Last year, MIT proudly announced that it was building a solar energy plant in North Carolina that it claimed would benefit both the bay and “tar heel” states.
More than half a year later, those benefits are looking ever more theoretical with each passing month. “James McLawhorn, director of the Electrical Division of the Public Staff of the N.C. Utilities Commission, monitors utility company compliance with REPS,” Don Carrington reported in the Carolina Journal this month. “McLawhorn confirmed to CJ that electricity from the Summit Farms Solar project doesn’t help North Carolina meet its renewable energy goals.”
“Nor do counties collect the full amount of property taxes from commercial solar energy systems, as they do from other commercial or industrial users. In 2008, North Carolina enacted legislation exempting from local property taxes 80 percent of the appraised value of non-residential solar energy electric systems. Summit Farms Solar and similar projects are taxed at 20 percent of their actual value.”

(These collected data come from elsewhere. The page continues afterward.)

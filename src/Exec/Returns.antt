-- ===== src/Exec/Returns.antt =====
-- An action that returns: each of its steps has returned.
use responsibility_pathway_r.Prelude.{ap, ◌≡◌, refl, arith}
use responsibility_pathway_r.Errors.{Error, Result, ok, err}
use responsibility_pathway_r.Exec.{Exec, proceed, lift, ◌>>=◌}

module _ {S A : Type 0} where
  pub same-returned :
      (a b : A) (s t : S) → ◌≡◌ {A = Result A × S} (ok a, s) (ok b, t) → (a ≡ b) × (s ≡ t)
  same-returned a b s t h = (cc (ap (λ p. p.0) h), ap (λ p. p.1) h)

  pub not-returned : (e : Error) (b : A) (s t : S) → ¬ (◌≡◌ {A = Result A × S} (err e, s) (ok b, t))
  not-returned e b s t h = cc (ap (λ p. p.0) h)

module _ {S A B : Type 0} where
  pub proceed-returns :
      (p : Result A × S) (f : A → Exec S B) (b : B) (v : S)
      → proceed p f ≡ (ok b, v)
      → (a : A) × ((s : S) × ((p ≡ (ok a, s)) × (f a s ≡ (ok b, v))))
  proceed-returns (ok a, s) f b v h = (a, (s, (refl, h)))
  proceed-returns (err e, s) f b v h = absurd (ground arith)

  -- What holds of every end of a chain: where its first part raises, and where the rest goes on.
  pub proceed-ends :
      (Q : Result B × S → Type 0) (p : Result A × S) (f : A → Exec S B)
      → ((e : Error) → p.0 ≡ err e → Q (err e, p.1))
      → ((a : A) → p.0 ≡ ok a → Q (f a p.1))
      → Q (proceed p f)
  proceed-ends Q (ok a, s) f h k = k a refl
  proceed-ends Q (err e, s) f h k = h e refl

  -- A test that is passed on the way: the state is as before it.
  pub lift-returns :
      (r : Result A) (f : A → Exec S B) (s : S) (b : B) (v : S)
      → (lift r >>= f) s ≡ (ok b, v)
      → (a : A) × ((r ≡ ok a) × (f a s ≡ (ok b, v)))
  lift-returns (ok a) f s b v h = (a, (refl, h))
  lift-returns (err e) f s b v h = absurd (ground arith)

“There’s no requirement that the facility participate in the North Carolina REC program to receive the tax reduction. Currituck County Tax Administrator Tracy Sample told CJ the preliminary assessed (taxable) value of Summit Farms is $30,079,090. That value is after depreciation, and the 80 percent exclusion in assessed value allowed under state law.”
“Based on our current tax rate of (48 cents per $100 valuation), the (latest year) amount of tax due the county will be approximately $144,379,” Sample told CJ. “Total property tax levies for Currituck County were about $30 million for fiscal year 2015-16,” Carrington reported.